=== Exercise directions ===
Answer with a single number stating how many lines of the entries below include the string "Stored".
■ ■ ■ ■
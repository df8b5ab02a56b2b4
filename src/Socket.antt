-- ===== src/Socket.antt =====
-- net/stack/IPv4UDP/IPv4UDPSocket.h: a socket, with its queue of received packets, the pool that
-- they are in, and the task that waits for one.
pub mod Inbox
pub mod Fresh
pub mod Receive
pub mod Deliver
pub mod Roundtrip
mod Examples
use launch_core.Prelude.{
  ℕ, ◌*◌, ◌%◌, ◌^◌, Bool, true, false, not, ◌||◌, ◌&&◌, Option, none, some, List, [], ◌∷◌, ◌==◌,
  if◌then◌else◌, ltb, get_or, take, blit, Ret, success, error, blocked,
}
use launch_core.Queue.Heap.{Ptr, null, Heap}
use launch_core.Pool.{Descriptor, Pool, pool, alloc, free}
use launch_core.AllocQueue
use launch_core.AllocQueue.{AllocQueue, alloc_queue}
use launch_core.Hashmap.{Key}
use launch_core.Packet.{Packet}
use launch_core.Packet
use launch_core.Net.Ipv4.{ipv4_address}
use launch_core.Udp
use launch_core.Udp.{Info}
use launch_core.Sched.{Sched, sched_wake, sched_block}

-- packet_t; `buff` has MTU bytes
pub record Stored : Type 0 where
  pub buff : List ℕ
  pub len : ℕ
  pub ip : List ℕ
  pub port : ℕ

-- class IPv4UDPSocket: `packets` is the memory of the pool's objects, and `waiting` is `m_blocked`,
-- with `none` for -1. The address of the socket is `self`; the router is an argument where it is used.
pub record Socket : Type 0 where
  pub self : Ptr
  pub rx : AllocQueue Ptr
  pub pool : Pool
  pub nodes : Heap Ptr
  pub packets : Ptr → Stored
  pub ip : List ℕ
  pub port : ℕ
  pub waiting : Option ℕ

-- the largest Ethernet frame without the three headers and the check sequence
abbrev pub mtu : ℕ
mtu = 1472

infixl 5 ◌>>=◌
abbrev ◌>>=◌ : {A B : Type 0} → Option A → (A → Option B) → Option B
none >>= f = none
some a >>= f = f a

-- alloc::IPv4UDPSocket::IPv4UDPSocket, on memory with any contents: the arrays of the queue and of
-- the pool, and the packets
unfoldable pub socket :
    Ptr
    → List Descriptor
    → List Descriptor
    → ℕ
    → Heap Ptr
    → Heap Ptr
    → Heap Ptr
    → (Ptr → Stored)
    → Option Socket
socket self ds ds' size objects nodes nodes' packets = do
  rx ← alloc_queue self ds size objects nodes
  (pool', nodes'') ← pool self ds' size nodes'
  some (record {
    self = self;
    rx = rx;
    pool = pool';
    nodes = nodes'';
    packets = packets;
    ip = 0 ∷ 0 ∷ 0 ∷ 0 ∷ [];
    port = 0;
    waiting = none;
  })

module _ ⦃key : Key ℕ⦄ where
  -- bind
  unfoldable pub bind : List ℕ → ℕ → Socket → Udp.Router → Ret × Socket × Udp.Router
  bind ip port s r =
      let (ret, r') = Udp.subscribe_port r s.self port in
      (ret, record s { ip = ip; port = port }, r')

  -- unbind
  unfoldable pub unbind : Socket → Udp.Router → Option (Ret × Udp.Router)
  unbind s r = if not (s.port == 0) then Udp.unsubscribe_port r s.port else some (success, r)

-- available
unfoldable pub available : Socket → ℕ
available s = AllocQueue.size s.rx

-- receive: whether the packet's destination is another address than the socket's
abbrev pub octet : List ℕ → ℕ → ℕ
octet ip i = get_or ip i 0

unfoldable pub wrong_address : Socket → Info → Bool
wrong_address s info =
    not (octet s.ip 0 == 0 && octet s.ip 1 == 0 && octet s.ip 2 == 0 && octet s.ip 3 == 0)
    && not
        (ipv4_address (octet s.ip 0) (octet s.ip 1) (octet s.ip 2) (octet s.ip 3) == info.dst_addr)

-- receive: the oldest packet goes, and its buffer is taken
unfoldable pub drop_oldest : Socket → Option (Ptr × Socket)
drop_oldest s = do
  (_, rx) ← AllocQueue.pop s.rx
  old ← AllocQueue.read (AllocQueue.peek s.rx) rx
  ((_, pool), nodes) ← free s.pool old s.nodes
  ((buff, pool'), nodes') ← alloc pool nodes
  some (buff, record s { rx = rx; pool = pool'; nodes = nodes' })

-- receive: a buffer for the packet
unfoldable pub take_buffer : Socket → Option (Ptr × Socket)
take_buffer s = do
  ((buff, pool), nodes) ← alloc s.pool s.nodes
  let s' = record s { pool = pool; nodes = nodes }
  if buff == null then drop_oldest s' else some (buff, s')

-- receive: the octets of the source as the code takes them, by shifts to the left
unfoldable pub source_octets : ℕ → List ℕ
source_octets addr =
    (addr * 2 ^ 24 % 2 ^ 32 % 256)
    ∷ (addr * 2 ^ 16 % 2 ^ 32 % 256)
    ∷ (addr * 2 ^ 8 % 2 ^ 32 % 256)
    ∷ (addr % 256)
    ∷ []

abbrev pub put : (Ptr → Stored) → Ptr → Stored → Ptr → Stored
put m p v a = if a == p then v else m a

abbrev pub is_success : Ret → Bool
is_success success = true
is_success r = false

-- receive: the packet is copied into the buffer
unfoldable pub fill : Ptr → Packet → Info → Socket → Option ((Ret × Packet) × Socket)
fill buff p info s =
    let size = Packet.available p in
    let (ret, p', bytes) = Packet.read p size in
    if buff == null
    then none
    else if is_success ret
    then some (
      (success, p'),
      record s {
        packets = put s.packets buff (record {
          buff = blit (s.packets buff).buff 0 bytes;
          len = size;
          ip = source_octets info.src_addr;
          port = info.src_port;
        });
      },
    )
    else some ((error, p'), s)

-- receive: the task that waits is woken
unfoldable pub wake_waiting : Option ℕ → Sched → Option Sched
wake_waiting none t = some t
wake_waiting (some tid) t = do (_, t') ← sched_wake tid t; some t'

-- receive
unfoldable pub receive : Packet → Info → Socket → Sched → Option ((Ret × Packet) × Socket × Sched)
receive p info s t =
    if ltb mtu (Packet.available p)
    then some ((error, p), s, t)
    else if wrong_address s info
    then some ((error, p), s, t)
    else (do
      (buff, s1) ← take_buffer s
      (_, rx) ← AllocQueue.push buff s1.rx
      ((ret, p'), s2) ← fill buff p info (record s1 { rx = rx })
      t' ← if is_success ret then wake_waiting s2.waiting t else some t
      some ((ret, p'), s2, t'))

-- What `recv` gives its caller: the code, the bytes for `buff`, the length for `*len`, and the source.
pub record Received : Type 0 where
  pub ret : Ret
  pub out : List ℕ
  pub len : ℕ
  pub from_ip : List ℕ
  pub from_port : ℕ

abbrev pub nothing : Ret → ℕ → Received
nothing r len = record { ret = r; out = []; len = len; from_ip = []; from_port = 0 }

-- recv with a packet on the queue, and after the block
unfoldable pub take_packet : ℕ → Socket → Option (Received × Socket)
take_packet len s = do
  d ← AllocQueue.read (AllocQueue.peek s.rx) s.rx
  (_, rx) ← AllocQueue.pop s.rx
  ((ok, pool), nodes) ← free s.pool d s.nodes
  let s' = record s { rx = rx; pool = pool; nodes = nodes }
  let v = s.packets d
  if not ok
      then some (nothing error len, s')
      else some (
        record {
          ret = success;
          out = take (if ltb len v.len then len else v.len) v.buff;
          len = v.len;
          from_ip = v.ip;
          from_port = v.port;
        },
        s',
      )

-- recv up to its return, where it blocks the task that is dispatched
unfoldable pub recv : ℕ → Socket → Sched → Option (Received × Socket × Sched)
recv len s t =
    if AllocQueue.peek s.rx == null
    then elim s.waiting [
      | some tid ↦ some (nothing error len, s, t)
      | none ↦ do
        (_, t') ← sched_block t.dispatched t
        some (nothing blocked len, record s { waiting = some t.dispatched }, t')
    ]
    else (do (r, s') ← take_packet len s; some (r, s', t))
■ ■ ■ ■
=== Problem solution ===
4